Items from a dataset
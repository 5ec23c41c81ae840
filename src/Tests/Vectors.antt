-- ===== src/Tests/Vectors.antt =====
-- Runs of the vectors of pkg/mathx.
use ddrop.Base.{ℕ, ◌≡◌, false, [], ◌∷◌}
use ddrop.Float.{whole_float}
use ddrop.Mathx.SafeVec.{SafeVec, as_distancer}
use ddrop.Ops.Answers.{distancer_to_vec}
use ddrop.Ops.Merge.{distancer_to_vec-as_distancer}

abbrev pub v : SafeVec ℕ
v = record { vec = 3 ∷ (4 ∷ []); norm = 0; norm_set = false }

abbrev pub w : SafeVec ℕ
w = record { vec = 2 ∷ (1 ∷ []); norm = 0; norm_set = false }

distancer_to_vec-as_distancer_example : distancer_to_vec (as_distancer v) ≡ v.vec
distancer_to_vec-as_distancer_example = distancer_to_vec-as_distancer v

* * *

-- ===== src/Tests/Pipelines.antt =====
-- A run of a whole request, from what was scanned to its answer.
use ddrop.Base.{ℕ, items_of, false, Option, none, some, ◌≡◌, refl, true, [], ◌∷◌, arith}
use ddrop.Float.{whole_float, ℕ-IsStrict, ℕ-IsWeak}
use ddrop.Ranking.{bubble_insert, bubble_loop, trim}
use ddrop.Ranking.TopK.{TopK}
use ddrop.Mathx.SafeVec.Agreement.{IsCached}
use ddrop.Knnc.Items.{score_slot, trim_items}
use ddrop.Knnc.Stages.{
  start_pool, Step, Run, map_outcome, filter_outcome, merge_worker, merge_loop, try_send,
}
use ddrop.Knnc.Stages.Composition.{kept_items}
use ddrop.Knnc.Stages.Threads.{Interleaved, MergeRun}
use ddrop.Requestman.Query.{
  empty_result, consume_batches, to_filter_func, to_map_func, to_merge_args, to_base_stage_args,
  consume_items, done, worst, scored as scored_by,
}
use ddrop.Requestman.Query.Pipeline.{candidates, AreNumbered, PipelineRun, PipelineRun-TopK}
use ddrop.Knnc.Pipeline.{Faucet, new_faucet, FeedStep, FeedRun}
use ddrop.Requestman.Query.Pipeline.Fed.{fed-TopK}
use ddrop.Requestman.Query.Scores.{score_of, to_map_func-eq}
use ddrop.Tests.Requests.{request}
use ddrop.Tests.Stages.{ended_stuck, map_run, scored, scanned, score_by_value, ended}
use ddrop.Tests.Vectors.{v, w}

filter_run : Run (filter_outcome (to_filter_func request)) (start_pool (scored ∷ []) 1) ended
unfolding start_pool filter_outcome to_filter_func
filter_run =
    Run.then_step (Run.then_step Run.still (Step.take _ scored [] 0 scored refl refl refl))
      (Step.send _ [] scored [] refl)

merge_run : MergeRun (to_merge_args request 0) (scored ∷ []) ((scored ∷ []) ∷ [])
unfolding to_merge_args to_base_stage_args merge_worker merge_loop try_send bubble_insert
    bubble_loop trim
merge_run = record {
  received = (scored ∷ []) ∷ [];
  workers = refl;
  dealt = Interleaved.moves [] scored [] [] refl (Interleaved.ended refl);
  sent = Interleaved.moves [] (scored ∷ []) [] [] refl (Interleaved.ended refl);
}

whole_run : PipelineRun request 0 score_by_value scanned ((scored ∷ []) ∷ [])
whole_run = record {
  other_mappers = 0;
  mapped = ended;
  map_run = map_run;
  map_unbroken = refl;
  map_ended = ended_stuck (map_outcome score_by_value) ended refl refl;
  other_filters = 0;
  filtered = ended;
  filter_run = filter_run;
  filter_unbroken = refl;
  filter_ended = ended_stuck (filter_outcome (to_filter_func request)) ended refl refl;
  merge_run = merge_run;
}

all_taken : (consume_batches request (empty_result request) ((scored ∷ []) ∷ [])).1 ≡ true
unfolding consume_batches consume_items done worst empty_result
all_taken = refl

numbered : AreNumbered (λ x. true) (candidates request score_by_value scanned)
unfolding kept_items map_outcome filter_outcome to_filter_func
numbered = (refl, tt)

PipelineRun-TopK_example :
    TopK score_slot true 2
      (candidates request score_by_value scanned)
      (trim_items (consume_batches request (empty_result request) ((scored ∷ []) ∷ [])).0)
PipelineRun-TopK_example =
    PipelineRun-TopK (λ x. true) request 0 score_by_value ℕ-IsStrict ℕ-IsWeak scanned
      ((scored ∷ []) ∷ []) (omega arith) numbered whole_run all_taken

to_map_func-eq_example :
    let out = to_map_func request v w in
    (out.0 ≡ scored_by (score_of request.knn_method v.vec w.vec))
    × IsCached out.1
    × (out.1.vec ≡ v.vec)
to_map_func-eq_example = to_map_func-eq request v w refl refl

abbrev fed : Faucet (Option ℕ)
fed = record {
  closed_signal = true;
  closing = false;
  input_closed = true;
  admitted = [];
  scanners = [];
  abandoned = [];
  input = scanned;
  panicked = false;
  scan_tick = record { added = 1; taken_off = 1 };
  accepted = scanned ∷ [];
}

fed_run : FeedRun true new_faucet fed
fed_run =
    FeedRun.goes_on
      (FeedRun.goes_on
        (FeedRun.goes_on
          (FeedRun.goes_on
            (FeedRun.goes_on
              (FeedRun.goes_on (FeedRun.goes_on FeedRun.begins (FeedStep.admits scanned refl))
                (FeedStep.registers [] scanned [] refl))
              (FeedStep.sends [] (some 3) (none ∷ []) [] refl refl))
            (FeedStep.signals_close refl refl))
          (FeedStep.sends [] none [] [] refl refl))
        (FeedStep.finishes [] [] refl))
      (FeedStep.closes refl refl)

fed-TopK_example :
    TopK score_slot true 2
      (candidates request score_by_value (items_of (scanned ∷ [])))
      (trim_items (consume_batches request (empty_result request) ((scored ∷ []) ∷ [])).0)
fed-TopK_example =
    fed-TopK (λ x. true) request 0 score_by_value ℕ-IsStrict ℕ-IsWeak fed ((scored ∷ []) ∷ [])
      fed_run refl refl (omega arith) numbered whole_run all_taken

» YOUR OBJECTIVE:
Where does the string "false" appear in the records? Copy every line that holds it.

» TASK OUTPUT:
use ddrop.Base.{ℕ, ◌≡◌, false, [], ◌∷◌}
v = record { vec = 3 ∷ (4 ∷ []); norm = 0; norm_set = false }
w = record { vec = 2 ∷ (1 ∷ []); norm = 0; norm_set = false }
use ddrop.Base.{ℕ, items_of, false, Option, none, some, ◌≡◌, refl, true, [], ◌∷◌, arith}
  closing = false;
  panicked = false;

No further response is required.